*Your objective*. Could you print every entry below exactly as given?

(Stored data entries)
:::::

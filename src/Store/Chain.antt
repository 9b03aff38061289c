-- ===== src/Store/Chain.antt =====
-- The hash chain of the audit log: every operation keeps it whole, and clearing makes it anew.
use joyvend_secretvault.Shared.{
  ℕ, ◌+◌, ◌≡◌, refl, ◌∙◌, ◌++◌, none, List, [], ◌∷◌, map, arith, ltb, Bool-cases, inl, inr,
  if◌then◌else◌, length,
}
use joyvend_secretvault.Text.{Bytes, bytes_eq_refl}
use joyvend_secretvault.Model.{AuditEntry}
use joyvend_secretvault.Store.{Library, Store, Io, with_audit}
use joyvend_secretvault.Store.Audit.{
  last_hash, audit_hash, chain_entry, verify_from, verify_audit, clear_from, clear_audit_before,
}
use joyvend_secretvault.Store.Operations.{
  Op, append_op, clear_op, run_op, run_ops, log_after, audit-run_op, audit-save,
}

module _ (lib : Library) where
  -- The hash does not cover the two hashes of the entry.
  audit_hash-chain_entry :
      (prev p : Bytes) (e : AuditEntry)
      → audit_hash lib prev (chain_entry lib p e) ≡ audit_hash lib prev e
  unfolding audit_hash chain_entry
  audit_hash-chain_entry prev p e = refl

  audit_hash-linked :
      (prev p : Bytes) (e : AuditEntry)
      → audit_hash lib prev (record e { prev_hash = p }) ≡ audit_hash lib prev e
  unfolding audit_hash
  audit_hash-linked prev p e = refl

  verify_from-chain_entry :
      (prev : Bytes) (i : ℕ) (e : AuditEntry) (l : List AuditEntry)
      → verify_from lib prev i (chain_entry lib prev e ∷ l)
        ≡ verify_from lib (audit_hash lib prev e) (i + 1) l
  unfolding verify_from
  verify_from-chain_entry prev i e l = rw (audit_hash-chain_entry prev prev e) (
      unfold chain_entry in
      rw (audit_hash-linked prev prev e, bytes_eq_refl prev, bytes_eq_refl (audit_hash lib prev e)))

  pub verify_from-append :
      (prev : Bytes) (i : ℕ) (l : List AuditEntry) (e : AuditEntry)
      → verify_from lib prev i l ≡ none
      → verify_from lib prev i (l ++ chain_entry lib (last_hash prev l) e ∷ []) ≡ none
  unfolding verify_from
  verify_from-append prev i [] e h = verify_from-chain_entry prev i e []
  verify_from-append prev i (x ∷ l) e h = ground (arith, verify_from-append x.hash (i + 1) l e)

  pub verify_from-clear_from :
      (cutoff : ℕ) (prev : Bytes) (i : ℕ) (l : List AuditEntry)
      → verify_from lib prev i (clear_from lib cutoff prev l).0 ≡ none
  unfolding clear_from audit_hash
  verify_from-clear_from cutoff prev i [] = unfold verify_from in refl
  verify_from-clear_from cutoff prev i (e ∷ l) = elim (Bool-cases (ltb e.time cutoff)) [
    | inl old ↦ rw old (verify_from-clear_from cutoff prev i l)
    | inr new ↦ rw new (
        verify_from-chain_entry prev i e _
        ∙ verify_from-clear_from cutoff (audit_hash lib prev e) (i + 1) l)
  ]

  verify_from-log_after :
      (op : Op) (s : Store)
      → verify_from lib [] 0 s.doc.audit ≡ none
      → verify_from lib [] 0 (log_after lib op s) ≡ none
  verify_from-log_after (append_op io e) s h = verify_from-append [] 0 s.doc.audit e h
  verify_from-log_after (clear_op io cutoff) s h = verify_from-clear_from cutoff [] 0 s.doc.audit
  verify_from-log_after _ s h = h

  verify_audit-run_op :
      (op : Op) (s : Store)
      → verify_audit lib s ≡ none
      → verify_audit lib (run_op lib op s).0 ≡ none
  unfolding verify_audit
  verify_audit-run_op op s h = rw (audit-run_op lib op s) (verify_from-log_after op s h)

  -- A log that verifies still does after any sequence of operations, failed ones included.
  pub verify_audit-run_ops :
      (ops : List Op) (s : Store)
      → verify_audit lib s ≡ none
      → verify_audit lib (run_ops lib ops s) ≡ none
  unfolding run_ops
  verify_audit-run_ops [] s h = h
  verify_audit-run_ops (op ∷ ops) s h =
      verify_audit-run_ops ops (run_op lib op s).0 (verify_audit-run_op op s h)

-- The entry without its two hashes.
abbrev pub unlinked : AuditEntry → AuditEntry
unlinked e = record e { prev_hash = []; hash = [] }

-- The entries that are not older than the cutoff.
abbrev pub recent : ℕ → List AuditEntry → List AuditEntry
recent cutoff [] = []
recent cutoff (e ∷ l) = let rest = recent cutoff l in if ltb e.time cutoff then rest else e ∷ rest

clear_from-recent :
    (lib : Library) (cutoff : ℕ) (prev : Bytes) (l : List AuditEntry)
    → map unlinked (clear_from lib cutoff prev l).0 ≡ map unlinked (recent cutoff l)
unfolding clear_from chain_entry
clear_from-recent lib cutoff prev [] = refl
clear_from-recent lib cutoff prev (e ∷ l) = ground (
  arith,
  clear_from-recent lib cutoff prev l,
  clear_from-recent lib cutoff (audit_hash lib prev (record e { prev_hash = prev })) l,
)

clear_from-count :
    (lib : Library) (cutoff : ℕ) (prev : Bytes) (l : List AuditEntry)
    → length (clear_from lib cutoff prev l).0 + (clear_from lib cutoff prev l).1 ≡ length l
unfolding clear_from
clear_from-count lib cutoff prev [] = refl
clear_from-count lib cutoff prev (e ∷ l) = ground (
  arith,
  clear_from-count lib cutoff prev l,
  clear_from-count lib cutoff (audit_hash lib prev (record e { prev_hash = prev })) l,
)

-- Clearing keeps exactly the entries that are not older than the cutoff, in their order and with
-- all their fields but the hashes; it counts the others; and the log that it leaves verifies,
-- whether or not the old one did.
pub clear_audit_before_lem :
    (lib : Library) (io : Io) (cutoff : ℕ) (s : Store)
    → let (s', dropped, e) = clear_audit_before lib io cutoff s in
      (map unlinked s'.doc.audit ≡ map unlinked (recent cutoff s.doc.audit))
      × (length s'.doc.audit + dropped ≡ length s.doc.audit)
      × (verify_audit lib s' ≡ none)
unfolding clear_audit_before verify_audit
clear_audit_before_lem lib io cutoff s =
    let same = audit-save lib io (with_audit (clear_from lib cutoff [] s.doc.audit).0 s) in
    (
      rw same (clear_from-recent lib cutoff [] s.doc.audit),
      rw same (clear_from-count lib cutoff [] s.doc.audit),
      rw same (verify_from-clear_from lib cutoff [] 0 s.doc.audit),
    )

:::::

*Output of the exercise*.
filename src/Store/Chain.antt
repository 9b03aff38061289c
-- ===== src/Store/Chain.antt =====
-- The hash chain of the audit log: every operation keeps it whole, and clearing makes it anew.
use joyvend_secretvault.Shared.{
  ℕ, ◌+◌, ◌≡◌, refl, ◌∙◌, ◌++◌, none, List, [], ◌∷◌, map, arith, ltb, Bool-cases, inl, inr,
  if◌then◌else◌, length,
}
use joyvend_secretvault.Text.{Bytes, bytes_eq_refl}
use joyvend_secretvault.Model.{AuditEntry}
use joyvend_secretvault.Store.{Library, Store, Io, with_audit}
use joyvend_secretvault.Store.Audit.{
  last_hash, audit_hash, chain_entry, verify_from, verify_audit, clear_from, clear_audit_before,
}
use joyvend_secretvault.Store.Operations.{
  Op, append_op, clear_op, run_op, run_ops, log_after, audit-run_op, audit-save,
}

module _ (lib : Library) where
  -- The hash does not cover the two hashes of the entry.
  audit_hash-chain_entry :
      (prev p : Bytes) (e : AuditEntry)
      → audit_hash lib prev (chain_entry lib p e) ≡ audit_hash lib prev e
  unfolding audit_hash chain_entry
  audit_hash-chain_entry prev p e = refl

  audit_hash-linked :
      (prev p : Bytes) (e : AuditEntry)
      → audit_hash lib prev (record e { prev_hash = p }) ≡ audit_hash lib prev e
  unfolding audit_hash
  audit_hash-linked prev p e = refl

  verify_from-chain_entry :
      (prev : Bytes) (i : ℕ) (e : AuditEntry) (l : List AuditEntry)
      → verify_from lib prev i (chain_entry lib prev e ∷ l)
        ≡ verify_from lib (audit_hash lib prev e) (i + 1) l
  unfolding verify_from
  verify_from-chain_entry prev i e l = rw (audit_hash-chain_entry prev prev e) (
      unfold chain_entry in
      rw (audit_hash-linked prev prev e, bytes_eq_refl prev, bytes_eq_refl (audit_hash lib prev e)))

  pub verify_from-append :
      (prev : Bytes) (i : ℕ) (l : List AuditEntry) (e : AuditEntry)
      → verify_from lib prev i l ≡ none
      → verify_from lib prev i (l ++ chain_entry lib (last_hash prev l) e ∷ []) ≡ none
  unfolding verify_from
  verify_from-append prev i [] e h = verify_from-chain_entry prev i e []
  verify_from-append prev i (x ∷ l) e h = ground (arith, verify_from-append x.hash (i + 1) l e)

  pub verify_from-clear_from :
      (cutoff : ℕ) (prev : Bytes) (i : ℕ) (l : List AuditEntry)
      → verify_from lib prev i (clear_from lib cutoff prev l).0 ≡ none
  unfolding clear_from audit_hash
  verify_from-clear_from cutoff prev i [] = unfold verify_from in refl
  verify_from-clear_from cutoff prev i (e ∷ l) = elim (Bool-cases (ltb e.time cutoff)) [
    | inl old ↦ rw old (verify_from-clear_from cutoff prev i l)
    | inr new ↦ rw new (
        verify_from-chain_entry prev i e _
        ∙ verify_from-clear_from cutoff (audit_hash lib prev e) (i + 1) l)
  ]

  verify_from-log_after :
      (op : Op) (s : Store)
      → verify_from lib [] 0 s.doc.audit ≡ none
      → verify_from lib [] 0 (log_after lib op s) ≡ none
  verify_from-log_after (append_op io e) s h = verify_from-append [] 0 s.doc.audit e h
  verify_from-log_after (clear_op io cutoff) s h = verify_from-clear_from cutoff [] 0 s.doc.audit
  verify_from-log_after _ s h = h

  verify_audit-run_op :
      (op : Op) (s : Store)
      → verify_audit lib s ≡ none
      → verify_audit lib (run_op lib op s).0 ≡ none
  unfolding verify_audit
  verify_audit-run_op op s h = rw (audit-run_op lib op s) (verify_from-log_after op s h)

  -- A log that verifies still does after any sequence of operations, failed ones included.
  pub verify_audit-run_ops :
      (ops : List Op) (s : Store)
      → verify_audit lib s ≡ none
      → verify_audit lib (run_ops lib ops s) ≡ none
  unfolding run_ops
  verify_audit-run_ops [] s h = h
  verify_audit-run_ops (op ∷ ops) s h =
      verify_audit-run_ops ops (run_op lib op s).0 (verify_audit-run_op op s h)

-- The entry without its two hashes.
abbrev pub unlinked : AuditEntry → AuditEntry
unlinked e = record e { prev_hash = []; hash = [] }

-- The entries that are not older than the cutoff.
abbrev pub recent : ℕ → List AuditEntry → List AuditEntry
recent cutoff [] = []
recent cutoff (e ∷ l) = let rest = recent cutoff l in if ltb e.time cutoff then rest else e ∷ rest

clear_from-recent :
    (lib : Library) (cutoff : ℕ) (prev : Bytes) (l : List AuditEntry)
    → map unlinked (clear_from lib cutoff prev l).0 ≡ map unlinked (recent cutoff l)
unfolding clear_from chain_entry
clear_from-recent lib cutoff prev [] = refl
clear_from-recent lib cutoff prev (e ∷ l) = ground (
  arith,
  clear_from-recent lib cutoff prev l,
  clear_from-recent lib cutoff (audit_hash lib prev (record e { prev_hash = prev })) l,
)

clear_from-count :
    (lib : Library) (cutoff : ℕ) (prev : Bytes) (l : List AuditEntry)
    → length (clear_from lib cutoff prev l).0 + (clear_from lib cutoff prev l).1 ≡ length l
unfolding clear_from
clear_from-count lib cutoff prev [] = refl
clear_from-count lib cutoff prev (e ∷ l) = ground (
  arith,
  clear_from-count lib cutoff prev l,
  clear_from-count lib cutoff (audit_hash lib prev (record e { prev_hash = prev })) l,
)

-- Clearing keeps exactly the entries that are not older than the cutoff, in their order and with
-- all their fields but the hashes; it counts the others; and the log that it leaves verifies,
-- whether or not the old one did.
pub clear_audit_before_lem :
    (lib : Library) (io : Io) (cutoff : ℕ) (s : Store)
    → let (s', dropped, e) = clear_audit_before lib io cutoff s in
      (map unlinked s'.doc.audit ≡ map unlinked (recent cutoff s.doc.audit))
      × (length s'.doc.audit + dropped ≡ length s.doc.audit)
      × (verify_audit lib s' ≡ none)
unfolding clear_audit_before verify_audit
clear_audit_before_lem lib io cutoff s =
    let same = audit-save lib io (with_audit (clear_from lib cutoff [] s.doc.audit).0 s) in
    (
      rw same (clear_from-recent lib cutoff [] s.doc.audit),
      rw same (clear_from-count lib cutoff [] s.doc.audit),
      rw same (verify_from-clear_from lib cutoff [] 0 s.doc.audit),
    )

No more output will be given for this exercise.